Nun bin ich mir am überlegen ob ich einen PT100 nehme und diese mit einem Spannungsteiler vor der SPS betreibe. Aber ich weis einfach nicht wie genau ich werde.
Ich hab auch schin gedacht das ich einfach einen Offset programmiere also wen der PT100 25 Grad misst es ist aber 26 dan 1Grad offset jedoch ist das ja dan Linear und die Messung ist ja nicht linear... Würde das gehen?

Habt ihr das schon mal was gemacht oder könnt ihr mir einen Typ geben wis genau wird.
Bin über jeden anstupser froh.

Mit Freundlichem Gruss

Simon


----------



## Sockenralf (20 März 2010)

Hallo,

wenn du bei 8m 0,5mm² eine zu große Ungenauigkeit hast, dann liegt das m. M. nach nicht an der Entfernung oder am Querschnitt.

Schon mal den Leitungswiderstand berechnet und mit dem Widerstand des Fühlers verglichen?

Wie hast du denn den AI skaliert, was kann deine Baugruppe?
Ich würde eher DA den Fehler vermuten



MfG


----------



## Speedo (20 März 2010)

Also hab bis jetzt ja nur einen NTC an der Steuerung und mit dem ist nicht so gut.

Daher meine ich ob ein 2 Aderiger Pt100 Ohne Messumformer mein gewünschtes ziel bringt also die genauigkeit?

Sorry wen es zu wenig angaben sind.

Gruss simon


----------



## Sockenralf (20 März 2010)

Hallo,

einen (wie auch immer aussehenden) Temperaturfühler an einen 0-10V Eingang wird irgendwie nicht funktionieren.

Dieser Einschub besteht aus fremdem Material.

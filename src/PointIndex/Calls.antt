-- ===== src/PointIndex/Calls.antt =====
-- Every sequence of calls on a point index, from the constructor on.
use red_giant.Prelude.{ℕ, ◌≡◌, ◌≢◌, refl, ◌∙◌, none, List, arith}
use red_giant.Key.{nat_key}
use red_giant.Weight.{Weight}
use red_giant.Container.{OrderedMap, OrderedSet}
use red_giant.BaseIndex.Posting.{visible, visible-index, pending}
use red_giant.ExpireTable
use red_giant.ExpireTable.Pairs.{pair_key}
use red_giant.PointIndex.TermDoc.{TermDocIdPair, term_doc_key}
use red_giant.PointIndex.{PointIndexImpl, empty_index, update, batch_update, apply}
use red_giant.PointIndex.Points.{
  Points, set_point, set_points, Represents, point_update_lem, point_batch_update_lem,
}
use red_giant.PointIndex.Sweeping.{drop_points, point_apply_lem}

module _ {W : Type 0} ⦃w : Weight W⦄ (m : OrderedMap W) (s : OrderedSet (TermDocIdPair × ℕ)) where
  abbrev pub no_points : Points W
  no_points t d = none

  -- The calls that lead to an index, the points that it then stands for, and the points that its
  -- readers see.
  pub data Called : PointIndexImpl m s → Points W → Points W → Type 0 where
    created : (max_size : ℕ) → Called (empty_index m s max_size) no_points no_points
    updated :
        {p : PointIndexImpl m s} {points seen : Points W} (d t u : ℕ) (v : W)
        → Called p points seen
        → Called (update m s d t v u p).1 (set_point d t v points) seen
    batch_updated :
        {p : PointIndexImpl m s} {points seen : Points W} (batch : List (ℕ × ℕ × W × ℕ))
        → Called p points seen
        → Called (batch_update m s batch p).1 (set_points m s batch points) seen
    applied :
        {p : PointIndexImpl m s} {points seen : Points W} (now : ℕ)
        → Called p points seen
        → Called
            (apply m s now p).1
            (drop_points (ExpireTable.expire_with_limit s now p.max_size p.expire).0 points)
            (drop_points (ExpireTable.expire_with_limit s now p.max_size p.expire).0 points)

  empty-Represents : (max_size : ℕ) → Represents m s (empty_index m s max_size) no_points
  unfolding pending
  empty-Represents max_size = record {
    base_valid = record { unique = tt; open_lists = λ t f. ground arith };
    posted = λ t d z. refl;
    consistent = λ k t. rw s.items-empty refl;
    tracked = λ t d v. ground arith;
  }

  -- Whatever is called on a new point index, and in whatever order: it stands for the points that
  -- the updates and expiries leave, and for every term and every valid document its readers see the
  -- point as it was at the last `apply`.
  pub called_lem :
      (p : PointIndexImpl m s) (points seen : Points W) (t d : ℕ)
      → Called p points seen
      → d ≢ 0
      → Represents m s p points × (visible m p.base t d ≡ seen t d)
  unfolding visible
  called_lem q q_points q_seen t d (created max_size) z = (empty-Represents max_size, refl)
  called_lem q q_points q_seen t d (updated {p} {points} {seen} e k u v h) z =
      let x = called_lem p points seen t d h z in
      let y = point_update_lem m s e k u v p points x.0 in
      (y.0, visible-index m p.base (update m s e k v u p).1.base t d y.2 ∙ x.1)
  called_lem q q_points q_seen t d (batch_updated {p} {points} {seen} batch h) z =
      let x = called_lem p points seen t d h z in
      let y = point_batch_update_lem m s batch p points x.0 in
      (y.0, visible-index m p.base (batch_update m s batch p).1.base t d y.2 ∙ x.1)
  called_lem q q_points q_seen t d (applied {p} {points} {seen} now h) z =
      let x = called_lem p points seen t d h z in
      let y = point_apply_lem m s now p points t d x.0 z in (y.0, y.1)
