-- ===== src/Queue.antt =====
-- utils/concurrency/message_queue.h and worker_executor.h: a bounded queue between threads, and
-- the workers that take their jobs from one.
pub mod Threads
pub mod Order
pub mod Wakeup
pub mod Executor
pub mod Pool
pub mod Tokens
pub mod Fitting
pub mod Lost
pub mod Free
use red_giant.Prelude.{
  ℕ, Bool, true, false, Option, none, some, List, [], ◌∷◌, ◌++◌, if◌then◌else◌, ◌==◌, ◌||◌, leb,
  length,
}

pub record MessageQueue (T : Type 0) : Type 0 where
  pub queue : List T
  pub max_size : ℕ
  pub alive : Bool

-- What a method does once it has the lock: it waits, or it returns.
pub data Progress (A : Type 0) : Type 0 where
  waits : Progress A
  returns : A → Progress A

module _ {T : Type 0} where
  -- `MessageQueue(max_size)`
  abbrev pub empty_queue : ℕ → MessageQueue T
  empty_queue max_size = record { queue = []; max_size = max_size; alive = true }

  -- `none` is -1; the item that was popped is 0 with the item.
  unfoldable pub pop : MessageQueue T → Progress (Option T × MessageQueue T)
  pop q = elim q.alive [
    | false ↦ returns (none, q)
    | true ↦ elim q.queue [ [] ↦ waits | item ∷ l ↦ returns (some item, record q { queue = l }) ]
  ]

  -- `push` for an item that is copied or moved; `true` is 0, and `false` is -1.
  unfoldable pub push : T → MessageQueue T → Progress (Bool × MessageQueue T)
  push item q = elim q.alive [
    | false ↦ returns (false, q)
    | true ↦ elim ((q.max_size == 0) || leb q.max_size (length q.queue)) [
      | true ↦ waits
      | false ↦ returns (true, record q { queue = q.queue ++ item ∷ [] })
    ]
  ]

  unfoldable pub flush : MessageQueue T → MessageQueue T
  flush q = if q.alive then record q { alive = false } else q

  abbrev pub size : MessageQueue T → ℕ
  size q = length q.queue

Dein Fühler liefert einen Widerstandswert, dein Eingang erwartet aber eine Spannung 


MfG


----------



## Matze001 (20 März 2010)

Es gibt extra PT100 / PT1000 Eingänge für die Wago... vielleicht wäre das etwas für dich!

MfG

Marcel


----------



## Zottel (21 März 2010)

Sockenralf schrieb:


> Hallo,
> 
> einen (wie auch immer aussehenden) Temperaturfühler an einen 0-10V Eingang wird irgendwie nicht funktionieren.
> 
> ...


Schon richtig. Da es nach Heimanwendung aussieht, also der 0-10V Eingang vielleicht schon da ist, der PTxx-Eingang gekauft werden müßte:
Prinzipiell kann der Widerstand gemessen werden, indem durch den Widerstand ein konstanter Strom geschickt wird. 100mA*100Ohm=10V.
Ungünstig:100mA heizen den PT100 schon auf.
Besser PT1000: 10mA*1000Ohm gibt auch 10V.
Woher eine Konstantstromquelle nehmen? 
- Entweder selber bauen. Schaltungen finden sich sicher im Internet.
- Oder eine nicht so konstante Stromquelle nehmen, denselben Strom durch einen genau bekannten Widerstand schicken und den Spannungsabfall daran messen.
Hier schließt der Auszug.